[Source records]

BEGIN

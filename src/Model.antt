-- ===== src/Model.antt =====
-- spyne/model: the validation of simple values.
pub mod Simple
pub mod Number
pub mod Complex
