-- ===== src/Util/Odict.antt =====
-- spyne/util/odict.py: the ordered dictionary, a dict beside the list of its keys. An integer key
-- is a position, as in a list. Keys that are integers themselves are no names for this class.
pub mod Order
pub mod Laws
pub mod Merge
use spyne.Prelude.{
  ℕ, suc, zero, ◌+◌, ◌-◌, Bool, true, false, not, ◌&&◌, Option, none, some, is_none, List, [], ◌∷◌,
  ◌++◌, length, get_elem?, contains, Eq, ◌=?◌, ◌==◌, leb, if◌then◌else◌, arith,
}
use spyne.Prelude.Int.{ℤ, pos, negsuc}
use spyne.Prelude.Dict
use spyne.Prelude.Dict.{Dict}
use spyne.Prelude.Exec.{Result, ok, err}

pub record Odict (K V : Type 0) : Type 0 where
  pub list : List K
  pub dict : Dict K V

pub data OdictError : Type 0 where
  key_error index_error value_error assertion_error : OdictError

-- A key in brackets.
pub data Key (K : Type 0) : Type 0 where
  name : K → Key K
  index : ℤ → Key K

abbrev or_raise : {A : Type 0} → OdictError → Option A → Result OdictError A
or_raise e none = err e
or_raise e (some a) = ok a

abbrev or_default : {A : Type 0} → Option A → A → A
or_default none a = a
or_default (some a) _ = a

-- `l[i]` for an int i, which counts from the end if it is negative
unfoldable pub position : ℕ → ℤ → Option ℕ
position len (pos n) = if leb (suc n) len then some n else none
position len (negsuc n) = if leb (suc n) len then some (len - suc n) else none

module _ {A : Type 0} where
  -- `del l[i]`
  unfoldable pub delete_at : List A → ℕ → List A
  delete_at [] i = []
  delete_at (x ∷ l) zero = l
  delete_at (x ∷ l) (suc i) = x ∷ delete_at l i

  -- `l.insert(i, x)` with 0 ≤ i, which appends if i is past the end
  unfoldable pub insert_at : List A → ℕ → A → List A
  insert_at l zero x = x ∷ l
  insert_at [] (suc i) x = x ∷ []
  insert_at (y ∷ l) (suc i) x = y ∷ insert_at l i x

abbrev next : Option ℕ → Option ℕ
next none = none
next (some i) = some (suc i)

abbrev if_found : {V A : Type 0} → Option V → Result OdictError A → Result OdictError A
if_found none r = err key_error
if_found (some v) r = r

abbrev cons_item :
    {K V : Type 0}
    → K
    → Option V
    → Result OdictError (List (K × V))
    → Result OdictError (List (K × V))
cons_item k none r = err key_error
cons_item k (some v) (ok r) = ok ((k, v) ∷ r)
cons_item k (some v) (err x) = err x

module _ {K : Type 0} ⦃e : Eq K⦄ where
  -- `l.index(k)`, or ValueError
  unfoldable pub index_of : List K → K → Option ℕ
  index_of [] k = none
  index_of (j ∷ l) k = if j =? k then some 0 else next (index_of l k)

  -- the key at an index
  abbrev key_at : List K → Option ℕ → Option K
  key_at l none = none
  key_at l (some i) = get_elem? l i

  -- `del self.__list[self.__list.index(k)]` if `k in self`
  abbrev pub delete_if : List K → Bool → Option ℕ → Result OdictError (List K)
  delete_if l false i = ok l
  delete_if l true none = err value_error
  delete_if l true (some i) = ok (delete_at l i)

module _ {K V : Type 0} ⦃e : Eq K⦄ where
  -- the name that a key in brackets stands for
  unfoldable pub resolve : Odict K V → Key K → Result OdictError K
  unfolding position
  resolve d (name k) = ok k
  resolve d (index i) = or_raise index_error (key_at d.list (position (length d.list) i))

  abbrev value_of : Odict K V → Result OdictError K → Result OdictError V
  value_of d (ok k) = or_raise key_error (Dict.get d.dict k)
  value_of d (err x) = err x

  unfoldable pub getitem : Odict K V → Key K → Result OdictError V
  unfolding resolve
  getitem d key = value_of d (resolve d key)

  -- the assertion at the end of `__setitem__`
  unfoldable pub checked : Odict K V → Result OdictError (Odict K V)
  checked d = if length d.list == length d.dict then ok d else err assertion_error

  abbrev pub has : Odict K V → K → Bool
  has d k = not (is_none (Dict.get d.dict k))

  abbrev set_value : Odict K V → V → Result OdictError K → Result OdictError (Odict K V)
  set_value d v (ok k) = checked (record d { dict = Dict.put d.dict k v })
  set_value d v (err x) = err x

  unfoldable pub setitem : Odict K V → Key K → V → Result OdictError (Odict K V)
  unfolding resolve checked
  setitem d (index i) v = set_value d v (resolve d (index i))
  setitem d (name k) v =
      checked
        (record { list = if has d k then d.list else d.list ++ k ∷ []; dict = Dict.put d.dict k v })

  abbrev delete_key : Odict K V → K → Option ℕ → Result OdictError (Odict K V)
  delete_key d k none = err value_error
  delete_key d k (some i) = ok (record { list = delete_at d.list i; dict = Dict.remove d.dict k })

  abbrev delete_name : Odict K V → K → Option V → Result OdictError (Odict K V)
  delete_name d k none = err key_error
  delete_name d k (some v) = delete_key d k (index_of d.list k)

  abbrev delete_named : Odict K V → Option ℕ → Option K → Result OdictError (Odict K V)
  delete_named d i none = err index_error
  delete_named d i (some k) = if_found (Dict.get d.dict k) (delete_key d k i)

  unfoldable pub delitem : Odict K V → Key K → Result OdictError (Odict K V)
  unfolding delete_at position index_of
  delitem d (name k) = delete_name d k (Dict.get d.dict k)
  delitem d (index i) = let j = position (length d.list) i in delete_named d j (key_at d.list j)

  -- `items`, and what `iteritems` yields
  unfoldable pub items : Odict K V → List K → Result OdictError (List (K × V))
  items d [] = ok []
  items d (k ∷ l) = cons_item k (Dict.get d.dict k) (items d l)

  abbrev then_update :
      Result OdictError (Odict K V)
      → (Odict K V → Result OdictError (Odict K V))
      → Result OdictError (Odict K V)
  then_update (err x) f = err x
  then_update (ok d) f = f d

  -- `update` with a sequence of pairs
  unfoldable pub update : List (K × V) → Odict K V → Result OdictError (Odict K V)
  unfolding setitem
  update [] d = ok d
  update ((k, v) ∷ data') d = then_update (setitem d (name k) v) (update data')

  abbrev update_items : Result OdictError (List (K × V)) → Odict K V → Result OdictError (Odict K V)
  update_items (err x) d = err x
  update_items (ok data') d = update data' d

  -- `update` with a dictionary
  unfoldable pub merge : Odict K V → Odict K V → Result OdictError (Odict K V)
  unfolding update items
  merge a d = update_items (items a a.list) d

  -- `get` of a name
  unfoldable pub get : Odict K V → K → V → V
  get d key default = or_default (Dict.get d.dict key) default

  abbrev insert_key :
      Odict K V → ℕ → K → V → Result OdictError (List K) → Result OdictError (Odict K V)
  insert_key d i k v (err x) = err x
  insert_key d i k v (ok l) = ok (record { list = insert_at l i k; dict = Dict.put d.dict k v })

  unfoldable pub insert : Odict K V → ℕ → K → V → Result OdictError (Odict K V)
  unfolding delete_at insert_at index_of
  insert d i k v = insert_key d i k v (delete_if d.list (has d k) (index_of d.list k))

END

The records above are to be transcribed exactly, with nothing left out.

filename src/Model.antt
-- ===== src/Model.antt =====
-- spyne/model: the validation of simple values.
pub mod Simple
pub mod Number
pub mod Complex
-- ===== src/Util/Odict.antt =====
-- spyne/util/odict.py: the ordered dictionary, a dict beside the list of its keys. An integer key
-- is a position, as in a list. Keys that are integers themselves are no names for this class.
pub mod Order
pub mod Laws
pub mod Merge
use spyne.Prelude.{
  ℕ, suc, zero, ◌+◌, ◌-◌, Bool, true, false, not, ◌&&◌, Option, none, some, is_none, List, [], ◌∷◌,
  ◌++◌, length, get_elem?, contains, Eq, ◌=?◌, ◌==◌, leb, if◌then◌else◌, arith,
}
use spyne.Prelude.Int.{ℤ, pos, negsuc}
use spyne.Prelude.Dict
use spyne.Prelude.Dict.{Dict}
use spyne.Prelude.Exec.{Result, ok, err}

pub record Odict (K V : Type 0) : Type 0 where
  pub list : List K
  pub dict : Dict K V

pub data OdictError : Type 0 where
  key_error index_error value_error assertion_error : OdictError

-- A key in brackets.
pub data Key (K : Type 0) : Type 0 where
  name : K → Key K
  index : ℤ → Key K

abbrev or_raise : {A : Type 0} → OdictError → Option A → Result OdictError A
or_raise e none = err e
or_raise e (some a) = ok a

abbrev or_default : {A : Type 0} → Option A → A → A
or_default none a = a
or_default (some a) _ = a

-- `l[i]` for an int i, which counts from the end if it is negative
unfoldable pub position : ℕ → ℤ → Option ℕ
position len (pos n) = if leb (suc n) len then some n else none
position len (negsuc n) = if leb (suc n) len then some (len - suc n) else none

module _ {A : Type 0} where
  -- `del l[i]`
  unfoldable pub delete_at : List A → ℕ → List A
  delete_at [] i = []
  delete_at (x ∷ l) zero = l
  delete_at (x ∷ l) (suc i) = x ∷ delete_at l i

  -- `l.insert(i, x)` with 0 ≤ i, which appends if i is past the end
  unfoldable pub insert_at : List A → ℕ → A → List A
  insert_at l zero x = x ∷ l
  insert_at [] (suc i) x = x ∷ []
  insert_at (y ∷ l) (suc i) x = y ∷ insert_at l i x

abbrev next : Option ℕ → Option ℕ
next none = none
next (some i) = some (suc i)

abbrev if_found : {V A : Type 0} → Option V → Result OdictError A → Result OdictError A
if_found none r = err key_error
if_found (some v) r = r

abbrev cons_item :
    {K V : Type 0}
    → K
    → Option V
    → Result OdictError (List (K × V))
    → Result OdictError (List (K × V))
cons_item k none r = err key_error
cons_item k (some v) (ok r) = ok ((k, v) ∷ r)
cons_item k (some v) (err x) = err x

module _ {K : Type 0} ⦃e : Eq K⦄ where
  -- `l.index(k)`, or ValueError
  unfoldable pub index_of : List K → K → Option ℕ
  index_of [] k = none
  index_of (j ∷ l) k = if j =? k then some 0 else next (index_of l k)

  -- the key at an index
  abbrev key_at : List K → Option ℕ → Option K
  key_at l none = none
  key_at l (some i) = get_elem? l i

  -- `del self.__list[self.__list.index(k)]` if `k in self`
  abbrev pub delete_if : List K → Bool → Option ℕ → Result OdictError (List K)
  delete_if l false i = ok l
  delete_if l true none = err value_error
  delete_if l true (some i) = ok (delete_at l i)

module _ {K V : Type 0} ⦃e : Eq K⦄ where
  -- the name that a key in brackets stands for
  unfoldable pub resolve : Odict K V → Key K → Result OdictError K
  unfolding position
  resolve d (name k) = ok k
  resolve d (index i) = or_raise index_error (key_at d.list (position (length d.list) i))

  abbrev value_of : Odict K V → Result OdictError K → Result OdictError V
  value_of d (ok k) = or_raise key_error (Dict.get d.dict k)
  value_of d (err x) = err x

  unfoldable pub getitem : Odict K V → Key K → Result OdictError V
  unfolding resolve
  getitem d key = value_of d (resolve d key)

  -- the assertion at the end of `__setitem__`
  unfoldable pub checked : Odict K V → Result OdictError (Odict K V)
  checked d = if length d.list == length d.dict then ok d else err assertion_error

  abbrev pub has : Odict K V → K → Bool
  has d k = not (is_none (Dict.get d.dict k))

  abbrev set_value : Odict K V → V → Result OdictError K → Result OdictError (Odict K V)
  set_value d v (ok k) = checked (record d { dict = Dict.put d.dict k v })
  set_value d v (err x) = err x

  unfoldable pub setitem : Odict K V → Key K → V → Result OdictError (Odict K V)
  unfolding resolve checked
  setitem d (index i) v = set_value d v (resolve d (index i))
  setitem d (name k) v =
      checked
        (record { list = if has d k then d.list else d.list ++ k ∷ []; dict = Dict.put d.dict k v })

  abbrev delete_key : Odict K V → K → Option ℕ → Result OdictError (Odict K V)
  delete_key d k none = err value_error
  delete_key d k (some i) = ok (record { list = delete_at d.list i; dict = Dict.remove d.dict k })

  abbrev delete_name : Odict K V → K → Option V → Result OdictError (Odict K V)
  delete_name d k none = err key_error
  delete_name d k (some v) = delete_key d k (index_of d.list k)

  abbrev delete_named : Odict K V → Option ℕ → Option K → Result OdictError (Odict K V)
  delete_named d i none = err index_error
  delete_named d i (some k) = if_found (Dict.get d.dict k) (delete_key d k i)

  unfoldable pub delitem : Odict K V → Key K → Result OdictError (Odict K V)
  unfolding delete_at position index_of
  delitem d (name k) = delete_name d k (Dict.get d.dict k)
  delitem d (index i) = let j = position (length d.list) i in delete_named d j (key_at d.list j)

  -- `items`, and what `iteritems` yields
  unfoldable pub items : Odict K V → List K → Result OdictError (List (K × V))
  items d [] = ok []
  items d (k ∷ l) = cons_item k (Dict.get d.dict k) (items d l)

  abbrev then_update :
      Result OdictError (Odict K V)
      → (Odict K V → Result OdictError (Odict K V))
      → Result OdictError (Odict K V)
  then_update (err x) f = err x
  then_update (ok d) f = f d

  -- `update` with a sequence of pairs
  unfoldable pub update : List (K × V) → Odict K V → Result OdictError (Odict K V)
  unfolding setitem
  update [] d = ok d
  update ((k, v) ∷ data') d = then_update (setitem d (name k) v) (update data')

  abbrev update_items : Result OdictError (List (K × V)) → Odict K V → Result OdictError (Odict K V)
  update_items (err x) d = err x
  update_items (ok data') d = update data' d

  -- `update` with a dictionary
  unfoldable pub merge : Odict K V → Odict K V → Result OdictError (Odict K V)
  unfolding update items
  merge a d = update_items (items a a.list) d

  -- `get` of a name
  unfoldable pub get : Odict K V → K → V → V
  get d key default = or_default (Dict.get d.dict key) default

  abbrev insert_key :
      Odict K V → ℕ → K → V → Result OdictError (List K) → Result OdictError (Odict K V)
  insert_key d i k v (err x) = err x
  insert_key d i k v (ok l) = ok (record { list = insert_at l i k; dict = Dict.put d.dict k v })

  unfoldable pub insert : Odict K V → ℕ → K → V → Result OdictError (Odict K V)
  unfolding delete_at insert_at index_of
  insert d i k v = insert_key d i k v (delete_if d.list (has d k) (index_of d.list k))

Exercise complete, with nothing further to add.